Mortality in patients treated for COVID-19 in the emergency department of a tertiary care hospital during the first phase of the pandemic: Derivation of a risk model for emergency departments
García-Martínez A, López-Barbeito B, Coll-Vinent B, Placer A, Font C, Vargas CR, Sánchez C, Piñango D, Gómez-Angelats E, Curtelin D, Salgado E, Aya F, Martínez-Nadal G, Alonso JR, García-Gonzalbes J, Fresco L, Galicia M, Perea M, Carbó M, Iniesta N, Escoda O, Perelló R, Cuerpo S, Flores V, Alemany X, Miró O, Ortega Romero M
Affiliation of the authors
Área de Urgencias, Hospital Clinic, Barcelona, España. Universitat de Barcelona, Spain.

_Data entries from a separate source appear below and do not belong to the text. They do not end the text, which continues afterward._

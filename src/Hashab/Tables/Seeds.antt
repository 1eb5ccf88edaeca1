-- ===== src/Hashab/Tables/Seeds.antt =====
-- src/crypto/hashab/tables.rs: the initial words of the reduction.
use libopod.Base.{ℕ, List, [], ◌∷◌}

unfoldable pub key_seed : List ℕ
key_seed =
    0x5099fdb1 ∷ 0x9bbf4349 ∷ 0x5cd7686c ∷ 0x92aebb6d ∷ 0x2df36af2 ∷ 0x552f4079 ∷ 0x219dfeae
    ∷ 0x343eb35a ∷ 0x5dac0284 ∷ 0x91bae1f7 ∷ 0x64ec9d83 ∷ 0xa2ff04aa ∷ 0x46df36ef ∷ 0xd0d7ebdc
    ∷ 0xf334c68d ∷ 0x99a81ecf ∷ 0x8a85f4e4 ∷ 0xb96ef2ae ∷ 0x2e132f59 ∷ 0x91d1d6ee ∷ 0x73628eaa
    ∷ 0x7bfcd2c8 ∷ 0xcbc8db84 ∷ 0x2c358ebb ∷ 0xcdce075f ∷ 0x096dddf4 ∷ 0xf86bae65 ∷ 0xb408b83c
    ∷ 0x3aa5ae3b ∷ 0xef04fe54 ∷ 0xcbae433f ∷ 0xbafb26c5 ∷ 0x546e42be ∷ 0x694466f8 ∷ 0xc0141741
    ∷ 0x51fb98d5 ∷ 0x6a53c93d ∷ 0x784b88bc ∷ 0xe689e637 ∷ 0x720cffaf ∷ 0x3fb860f4 ∷ 0x1d78ec71
    ∷ 0xa8a5ae0b ∷ 0x6eeaa5b8 ∷ 0x4fd82294 ∷ 0xa61ea409 ∷ 0x3919851c ∷ 0x577402c5 ∷ 0xe8b09ca2
    ∷ 0x11676e33 ∷ 0xfa7fa4ec ∷ 0x707bcd8d ∷ 0x52c20d40 ∷ 0x734b0bfb ∷ 0x744241ff ∷ 0x089fb6e0
    ∷ 0xe1cea850 ∷ 0xa91e1a9a ∷ 0x9e9db0f3 ∷ 0x6fedd35b ∷ 0xee066a04 ∷ 0x178a973a ∷ 0x00aa4e6f
    ∷ 0xf2994295 ∷ []

unfoldable pub state_seed : List ℕ
state_seed =
    0xf825e4f8 ∷ 0x202997a3 ∷ 0x65055cfe ∷ 0xd588806b ∷ 0x9a396a74 ∷ 0x210d95d7 ∷ 0x760fa7a5
    ∷ 0x5b85496a ∷ 0x65ad1cb7 ∷ 0xd93ce632 ∷ 0xb44bfe86 ∷ 0x97e5e021 ∷ 0x774af9ea ∷ 0xfed3b7c5
    ∷ 0x0d36b3e5 ∷ 0x7d7242ac ∷ 0x648df3be ∷ 0xfda267a7 ∷ 0x0abf3e91 ∷ 0xea9d68c3 ∷ 0xb9de0b6e
    ∷ 0xd4b020aa ∷ 0x2af3296f ∷ 0xb5bd052c ∷ 0xb0b3bf8e ∷ 0x4b3d7bfe ∷ 0xfd689550 ∷ 0xc3c8d629
    ∷ 0xf1683297 ∷ 0x70e73403 ∷ 0x7b681b65 ∷ 0x4c566e07 ∷ 0x9d39df6e ∷ 0x7ced44ca ∷ 0xd85121e1
    ∷ 0x8f89dab8 ∷ 0x49d5dcd4 ∷ 0x630a3cdd ∷ 0xa43cd850 ∷ 0xe05011fa ∷ 0xc79a3eb2 ∷ 0xe5912da3
    ∷ 0x4683718c ∷ 0xd0a154f1 ∷ 0x9c6aec15 ∷ 0x0e0d0468 ∷ 0x27de8990 ∷ 0x412adb3d ∷ 0xf8775990
    ∷ 0xe5e21243 ∷ 0xc753f819 ∷ 0x0663c6ef ∷ 0x93c9d773 ∷ 0xab28ffff ∷ 0x5204a510 ∷ 0x11a9d2c5
    ∷ 0x6ec18106 ∷ 0x20ea572e ∷ 0x6fe51b3a ∷ 0x6e812c3d ∷ 0x014b907b ∷ 0x5c86830b ∷ 0x9934a3d8
    ∷ 0x3c57d8a8 ∷ []

unfoldable pub reduce_table : List ℕ
reduce_table =
    0x3dd3c06d ∷ 0x02eda8fb ∷ 0xb82d5a58 ∷ 0xe4d2adec ∷ 0x5c66b0d9 ∷ 0x5a4f2459 ∷ 0x08da381e
    ∷ 0x35ba3a4c ∷ 0xa86bb294 ∷ 0xfb7fc66a ∷ 0xf53a25f2 ∷ 0x5dfe38f1 ∷ 0x6cb6b4af ∷ 0xebeb4c63
    ∷ 0x66209bd7 ∷ 0x29271b4e ∷ 0x7a91205b ∷ 0x7993f4f5 ∷ 0x8fb73ed6 ∷ 0x974262cd ∷ 0xf47cab3b
    ∷ 0x757b65cc ∷ 0x92e55b93 ∷ 0xfa401668 ∷ 0xe8f42bcc ∷ 0xa1796665 ∷ 0xc544210e ∷ 0x4ff7d275
    ∷ 0x1090b646 ∷ 0xad8b53cb ∷ 0x7c871580 ∷ 0x67fb52d6 ∷ 0x5ae5b9a1 ∷ 0x69becb2c ∷ 0xd2b974af
    ∷ 0xb709f90d ∷ 0x95671e5b ∷ 0x2479e36e ∷ 0x305facbd ∷ 0xd7524214 ∷ 0xd7f29e79 ∷ 0x30cf42db
    ∷ 0x86bad405 ∷ 0x370d4cb9 ∷ 0xaf348764 ∷ 0xc5ea190b ∷ 0x06b2f0c7 ∷ 0x62ecaf33 ∷ 0x59f1cee3
    ∷ 0xf7f35186 ∷ 0xf89d98cf ∷ 0x1c9e3527 ∷ 0x31e62b5c ∷ 0x89851e84 ∷ 0x9d67e93a ∷ 0xec33dc26
    ∷ 0x913bca92 ∷ 0x92f8982e ∷ 0x5f160f82 ∷ 0x2691b03f ∷ 0x433589fd ∷ 0x18d97e1a ∷ 0xba586b58
    ∷ 0x8907cb75 ∷ []
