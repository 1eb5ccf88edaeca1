-- ===== src/Cdb/Split/Progress.antt =====
-- When the loop of `split_datasets` ends. A round moves by the dataset's own length field, which
-- is not checked against the size of a header: a field of zero stops the loop from moving.
use native.Mathlib.Decide.{dec_lt}
use libopod.Base.{
  ℕ, zero, suc, ◌+◌, ◌-◌, ◌<◌, ◌≡◌, refl, ap, ◌∙◌, none, some, List, [], ◌∷◌, ◌++◌, arith, inl, inr,
}
use libopod.Base.Lists.{length, slice}
use libopod.Error.{Result, ok, err, ◌>>=◌, and_then, Result-cases}
use libopod.Bytes.{read_u32}
use libopod.Cdb.Chunk.{mhsd, require_magic, read_usize, checked_end, usize_mod}
use libopod.Cdb.Split.{split_step, split_loop, expect_count, split_datasets}
use libopod.Cdb.Split.Partition.{split_loop_done, split_loop_more, split_loop_fault}

-- The offsets that the loop comes to from one of them.
pub data Reaches (payload : List ℕ) : ℕ → ℕ → Type 0 where
  here : {offset : ℕ} → Reaches payload offset offset
  round :
      {offset next to : ℕ}
      → offset < length payload
      → split_step payload offset ≡ ok next
      → Reaches payload next to
      → Reaches payload offset to

split_loop_stuck :
    (fuel : ℕ) (payload : List ℕ) {offset stop : ℕ} (ds : List (List ℕ))
    → Reaches payload offset stop
    → stop < length payload
    → split_step payload stop ≡ ok stop
    → split_loop fuel payload offset ds ≡ none
split_loop_stuck zero payload ds r h s = unfold split_loop in refl
split_loop_stuck (suc fuel) payload ds (here {offset = o}) h s =
    split_loop_more fuel payload o ds h s ∙ split_loop_stuck fuel payload _ here h s
split_loop_stuck (suc fuel) payload ds (round {offset = o} {next = n} below st rest) h s =
    split_loop_more fuel payload o ds below st ∙ split_loop_stuck fuel payload _ rest h s

zero_length_step :
    (payload : List ℕ) (offset : ℕ)
    → offset < length payload
    → length payload < usize_mod
    → require_magic payload offset mhsd ≡ ok tt
    → read_u32 payload (offset + 8) ≡ ok 0
    → split_step payload offset ≡ ok offset
unfolding split_step read_usize checked_end
zero_length_step payload offset h k magic zero_field = ground arith

-- Where the loop comes to a dataset whose length field is zero, no fuel is enough: the source
-- pushes empty datasets for ever.
pub split_datasets-zero_length :
    (payload : List ℕ) (stop : ℕ)
    → Reaches payload 0 stop
    → stop < length payload
    → length payload < usize_mod
    → require_magic payload stop mhsd ≡ ok tt
    → read_u32 payload (stop + 8) ≡ ok 0
    → (fuel expected : ℕ) → split_datasets fuel payload expected ≡ none
unfolding split_datasets
split_datasets-zero_length payload stop r h k magic zero_field fuel expected =
    ap (λ m. and_then m (expect_count expected))
      (split_loop_stuck fuel payload [] r h (zero_length_step payload stop h k magic zero_field))

-- Every round that is reached moves on.
abbrev pub Moves : List ℕ → Type 0
Moves payload =
    (offset end : ℕ) → Reaches payload 0 offset → split_step payload offset ≡ ok end → offset < end

Reaches-snoc :
    {payload : List ℕ} {a b c : ℕ}
    → Reaches payload a b
    → b < length payload
    → split_step payload b ≡ ok c
    → Reaches payload a c
Reaches-snoc here h s = round h s here
Reaches-snoc (round h' s' r) h s = round h' s' (Reaches-snoc r h s)

split_loop_returns :
    (fuel : ℕ) (payload : List ℕ) (offset : ℕ) (ds : List (List ℕ))
    → Moves payload
    → Reaches payload 0 offset
    → length payload - offset < fuel
    → (r : Result (List (List ℕ))) × (split_loop fuel payload offset ds ≡ some r)
split_loop_returns zero payload offset ds moves at h = absurd (omega arith)
split_loop_returns (suc fuel) payload offset ds moves at h = elim (dec_lt offset (length payload)) [
  | no past ↦ (ok ds, split_loop_done fuel payload offset ds (omega arith))
  | yes more ↦ elim (Result-cases (split_step payload offset)) [
    | inr (x, s) ↦ (err x, split_loop_fault fuel payload offset ds more s)
    | inl (end, s) ↦
        let (r, ran) =
          split_loop_returns fuel payload end (ds ++ (slice payload offset end ∷ [])) moves
            (Reaches-snoc at more s) (omega (arith, moves offset end at s)) in
        (r, split_loop_more fuel payload offset ds more s ∙ ran)
  ]
]

-- Where every round that is reached moves on, one round for each byte and one more are enough:
-- `split_datasets` returns its datasets or an error.
pub split_datasets_returns :
    (payload : List ℕ) (expected fuel : ℕ)
    → Moves payload
    → length payload < fuel
    → (r : Result (List (List ℕ))) × (split_datasets fuel payload expected ≡ some r)
unfolding split_datasets
split_datasets_returns payload expected fuel moves h =
    let (r, ran) = split_loop_returns fuel payload 0 [] moves here (omega arith) in
    (r >>= expect_count expected, ap (λ m. and_then m (expect_count expected)) ran)
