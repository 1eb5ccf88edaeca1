-- ===== src/Commit/State.antt =====
-- The state that a transaction works on: the files of each output, the journal, the directory. The
-- target, temporary and backup paths of the outputs are distinct (`validate_paths`), so that each
-- output has a slot of its own, known by its index.
use libopod.Base.{ℕ, Bool, true, false, ◌&&◌, Option, none, some, List}
use libopod.Base.Tests.{◌==◌, if◌then◌else◌}
use libopod.Base.Lists.{length}
use libopod.Cdb.Chunk.{eq_bytes}

abbrev pub File : Type 0
File = List ℕ

-- a file's length and its digest, in hexadecimal
pub record Fingerprint : Type 0 where
  pub bytes : ℕ
  pub sha256 : List ℕ

-- An output of the staged edit, with the state of its target that the manifest's source list gives.
-- The device's generation knows the target, unless it is that of added media.
pub record Output : Type 0 where
  pub output : Fingerprint
  pub original_bytes : Option ℕ
  pub original_sha256 : Option (List ℕ)
  pub is_added_media : Bool

-- An input that no output replaces: what the manifest says of it, and the file that is there, which a
-- transaction does not touch.
pub record Input : Type 0 where
  pub source_bytes : Option ℕ
  pub source_sha256 : Option (List ℕ)
  pub live_input : Option File

-- the manifest of a staged edit; a deletion is the index of a media file
pub record Staging : Type 0 where
  pub outputs : List Output
  pub unchanged_inputs : List Input
  pub deletions : List ℕ

pub data TransactionPhase : Type 0 where
  backing_up installing validating committed rolling_back rolled_back : TransactionPhase

pub record TransactionJournal : Type 0 where
  pub phase : TransactionPhase
  pub installed : ℕ
  pub staging : Staging

-- The files of one output on the device: at its target, its sibling temporary, its backup.
pub record Slot : Type 0 where
  pub live : Option File
  pub temporary : Option File
  pub backup : Option File

-- `targets` bounds the slots in use; `media` are the files that a deletion may unlink.
pub record World : Type 0 where
  pub targets : ℕ
  pub slots : ℕ → Slot
  pub media : ℕ → Option File
  pub directory : Bool
  pub journal : Option TransactionJournal
  pub journal_temporary : Bool

abbrev pub set_slot : World → ℕ → Slot → World
set_slot w index s = record w { slots = λ i. if i == index then s else w.slots i }

abbrev pub is_some : {A : Type 0} → Option A → Bool
is_some none = false
is_some (some a) = true

abbrev pub is_none : {A : Type 0} → Option A → Bool
is_none none = true
is_none (some a) = false

module _ (sha256 : File → List ℕ) where
  -- whether a file is there with this fingerprint
  unfoldable pub fingerprint_matches : Option File → Fingerprint → Bool
  fingerprint_matches none expected = false
  fingerprint_matches (some file) expected =
      length file == expected.bytes && eq_bytes (sha256 file) expected.sha256
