-- ===== src/Commit/Effects.antt =====
-- Actions on a `World`, with every state that they pass through: an interruption, or a call of the
-- operating system that fails, may leave any of these.
use libopod.Base.{◌≡◌, refl, sym, Bool, true, false, List, [], ◌∷◌, ◌++◌}
use libopod.Error.{Result, ok, err, ensure, verification, device_transaction}
use libopod.Commit.State.{World}
use mathlib.Core.Path.{subst}

pub record Trace (A : Type 0) : Type 0 where
  pub passed : List World
  pub last : World
  pub result : Result A

abbrev pub Action : Type 0 → Type 0
Action A = World → Trace A

infixl 5 ◌>>=◌ ◌>>◌
abbrev pub return : {A : Type 0} → A → Action A
return a w = record { passed = []; last = w; result = ok a }

abbrev continue : {A B : Type 0} → List World → World → Result A → (A → Action B) → Trace B
continue passed last (err e) rest = record { passed = passed; last = last; result = err e }
continue passed last (ok a) rest =
    let r = rest a last in record { passed = passed ++ r.passed; last = r.last; result = r.result }

abbrev pub ◌>>=◌ : {A B : Type 0} → Action A → (A → Action B) → Action B
(m >>= rest) w = let r = m w in continue r.passed r.last r.result rest

abbrev pub ◌>>◌ : {B : Type 0} → Action (Unit {0}) → Action B → Action B
m >> rest = m >>= λ nothing. rest

-- one change of the file system
unfoldable pub change : (World → World) → Action (Unit {0})
change f w = record { passed = w ∷ []; last = f w; result = ok tt }

-- what only reads
unfoldable pub inspect : {A : Type 0} → (World → Result A) → Action A
inspect f w = record { passed = []; last = w; result = f w }

-- `if !b { return Err(verification) }`
unfoldable pub check : (World → Bool) → Action (Unit {0})
unfolding inspect
check test = inspect λ w. ensure (test w) (verification device_transaction)

abbrev pub All : (World → Type 0) → List World → Type 0
All I [] = Unit {0}
All I (w ∷ ws) = I w × All I ws

pub All-append : (I : World → Type 0) (xs ys : List World) → All I xs → All I ys → All I (xs ++ ys)
All-append I [] ys h k = k
All-append I (x ∷ xs) ys h k = (h.0, All-append I xs ys h.1 k)

abbrev pub Outcome :
    {A : Type 0} → (World → Type 0) → (A → World → Type 0) → Result A → World → Type 0
Outcome E Q (ok a) w = Q a w
Outcome E Q (err e) w = E w

-- Every state passed is one of `I`; where it fails, the last one is of `E`; where it returns, of `Q`.
abbrev pub Ends :
    {A : Type 0} → (World → Type 0) → (World → Type 0) → (A → World → Type 0) → Trace A → Type 0
Ends I E Q r = All I r.passed × Outcome E Q r.result r.last

pub All-map :
    (I J : World → Type 0) → ((w : World) → I w → J w) → (xs : List World) → All I xs → All J xs
All-map I J f [] h = tt
All-map I J f (x ∷ xs) h = (f x h.0, All-map I J f xs h.1)

-- where nothing is asked of the end
pub Outcome-unit :
    {A : Type 0} (r : Result A) (w : World) → Outcome (λ _. Unit {0}) (λ _ _. Unit {0}) r w
Outcome-unit (ok a) w = tt
Outcome-unit (err e) w = tt

continue-Ends :
    {A B : Type 0} (I E : World → Type 0) (Q : A → World → Type 0) (R : B → World → Type 0)
    (passed : List World) (last : World) (result : Result A) (rest : A → Action B)
    → All I passed
    → Outcome E Q result last
    → ((a : A) (v : World) → Q a v → Ends I E R (rest a v))
    → Ends I E R (continue passed last result rest)
continue-Ends I E Q R passed last (err e) rest h k next = (h, k)
continue-Ends I E Q R passed last (ok a) rest h k next =
    let (p, q) = next a last k in (All-append I passed (rest a last).passed h p, q)

pub Ends-bind :
    {A B : Type 0} (I E : World → Type 0) (Q : A → World → Type 0) (R : B → World → Type 0)
    (m : Action A) (rest : A → Action B) (w : World)
    → Ends I E Q (m w)
    → ((a : A) (v : World) → Q a v → Ends I E R (rest a v))
    → Ends I E R ((m >>= rest) w)
Ends-bind I E Q R m rest w h next =
    continue-Ends I E Q R (m w).passed (m w).last (m w).result rest h.0 h.1 next

-- one change, and the rest
pub Ends-change :
    {B : Type 0} (I E : World → Type 0) (R : B → World → Type 0) (f : World → World)
    (rest : Action B) (w : World)
    → I w
    → Ends I E R (rest (f w))
    → Ends I E R ((change f >> rest) w)
unfolding change
Ends-change I E R f rest w h k = ((h, k.0), k.1)

-- a check, which may fail where the state is one of `E`
pub Ends-check :
    {B : Type 0} (I E : World → Type 0) (R : B → World → Type 0) (test : World → Bool)
    (rest : Action B) (w : World)
    → E w
    → (test w ≡ true → Ends I E R (rest w))
    → Ends I E R ((check test >> rest) w)
unfolding check inspect
Ends-check I E R test rest w h k = go (test w) k
  where
    go :
        (b : Bool)
        → (b ≡ true → Ends I E R (rest w))
        → Ends I E R (continue [] w (ensure b (verification device_transaction)) λ nothing. rest)
    go true k = k refl
    go false k = (tt, h)

-- a check that passes
pub Ends-passes :
    {B : Type 0} (I E : World → Type 0) (R : B → World → Type 0) (test : World → Bool)
    (rest : Action B) (w : World)
    → test w ≡ true
    → Ends I E R (rest w)
    → Ends I E R ((check test >> rest) w)
unfolding check inspect
Ends-passes I E R test rest w h k =
    subst
      (λ b. Ends I E R (continue [] w (ensure b (verification device_transaction)) λ nothing. rest))
      (sym h) k

-- the last change of an action
pub Ends-change_last :
    (I E : World → Type 0) (R : Unit {0} → World → Type 0) (f : World → World) (w : World)
    → I w
    → R tt (f w)
    → Ends I E R (change f w)
unfolding change
Ends-change_last I E R f w h k = ((h, tt), k)

-- the last check of an action
pub Ends-check_last :
    (I E : World → Type 0) (R : Unit {0} → World → Type 0) (test : World → Bool) (w : World)
    → test w ≡ true
    → R tt w
    → Ends I E R (check test w)
unfolding check inspect
Ends-check_last I E R test w h k =
    (tt, subst (λ b. Outcome E R (ensure b (verification device_transaction)) w) (sym h) k)

-- the last check of an action, whether it passes or not
pub Ends-check_either :
    (I E P : World → Type 0) (test : World → Bool) (w : World)
    → P w
    → E w
    → Ends I E (λ _ v. P v) (check test w)
unfolding check inspect
Ends-check_either I E P test w p h = (tt, go (test w))
  where
    go : (b : Bool) → Outcome E (λ _ v. P v) (ensure b (verification device_transaction)) w
    go true = p
    go false = h

-- what reads, where it gives a value
pub Ends-inspect :
    {A B : Type 0} (I E : World → Type 0) (R : B → World → Type 0) (f : World → Result A) (a : A)
    (rest : A → Action B) (w : World)
    → f w ≡ ok a
    → Ends I E R (rest a w)
    → Ends I E R ((inspect f >>= rest) w)
unfolding inspect
Ends-inspect I E R f a rest w h k = subst (λ r. Ends I E R (continue [] w r rest)) (sym h) k

Outcome-weaken :
    {A : Type 0} (E : World → Type 0) (Q R : A → World → Type 0) (r : Result A) (w : World)
    → Outcome E Q r w
    → ((a : A) (v : World) → Q a v → R a v)
    → Outcome E R r w
Outcome-weaken E Q R (ok a) w h next = next a w h
Outcome-weaken E Q R (err x) w h next = h

pub Ends-weaken :
    {A : Type 0} (I E : World → Type 0) (Q R : A → World → Type 0) (r : Trace A)
    → Ends I E Q r
    → ((a : A) (v : World) → Q a v → R a v)
    → Ends I E R r
Ends-weaken I E Q R r h next = (h.0, Outcome-weaken E Q R r.result r.last h.1 next)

García-Martínez A, López-Barbeito B, Coll-Vinent B, Placer A, Font C, Vargas CR, et al. Mortality in patients treated for COVID-19 in the emergency department of a tertiary care hospital during the first phase of the pandemic: Derivation of a risk model for emergency departments. Emergencias. 2021;33:273-81
To develop a risk model to predict 30-day mortality after emergency department treatment for COVID-19.
Methods.
Observational retrospective cohort study including 2511 patients with COVID-19 who came to our emergency department between March 1 and April 30, 2020. We analyzed variables with Kaplan Meier survival and Cox regression analyses.
Results.
All-cause mortality was 8% at 30 days. Independent variables associated with higher risk of mortality were age over 50 years, a Barthel index score less than 90, altered mental status, the ratio of arterial oxygen saturation to the fraction of inspired oxygen (SaO2/FIO2), abnormal lung sounds, platelet concentration less than 100 000/mm3, a C-reactive protein concentration of 5 mg/dL or higher, and a glomerular filtration rate less than 45 mL/min. Each independent predictor was assigned 1 point in the score except age, which was assigned 2 points. Risk was distributed in 3 levels: low risk (score of 4 points or less), intermediate risk (5 to 6 points), and high risk (7 points or above). Thirty-day risk of mortality was 1.7% for patients who scored in the low-risk category, 28.2% for patients with an intermediate risk score, and 67.3% for those with a high risk score.
Conclusion. This mortality risk stratification tool for patients with COVID-19 could be useful for managing the course of disease and assigning health care resources in the emergency department.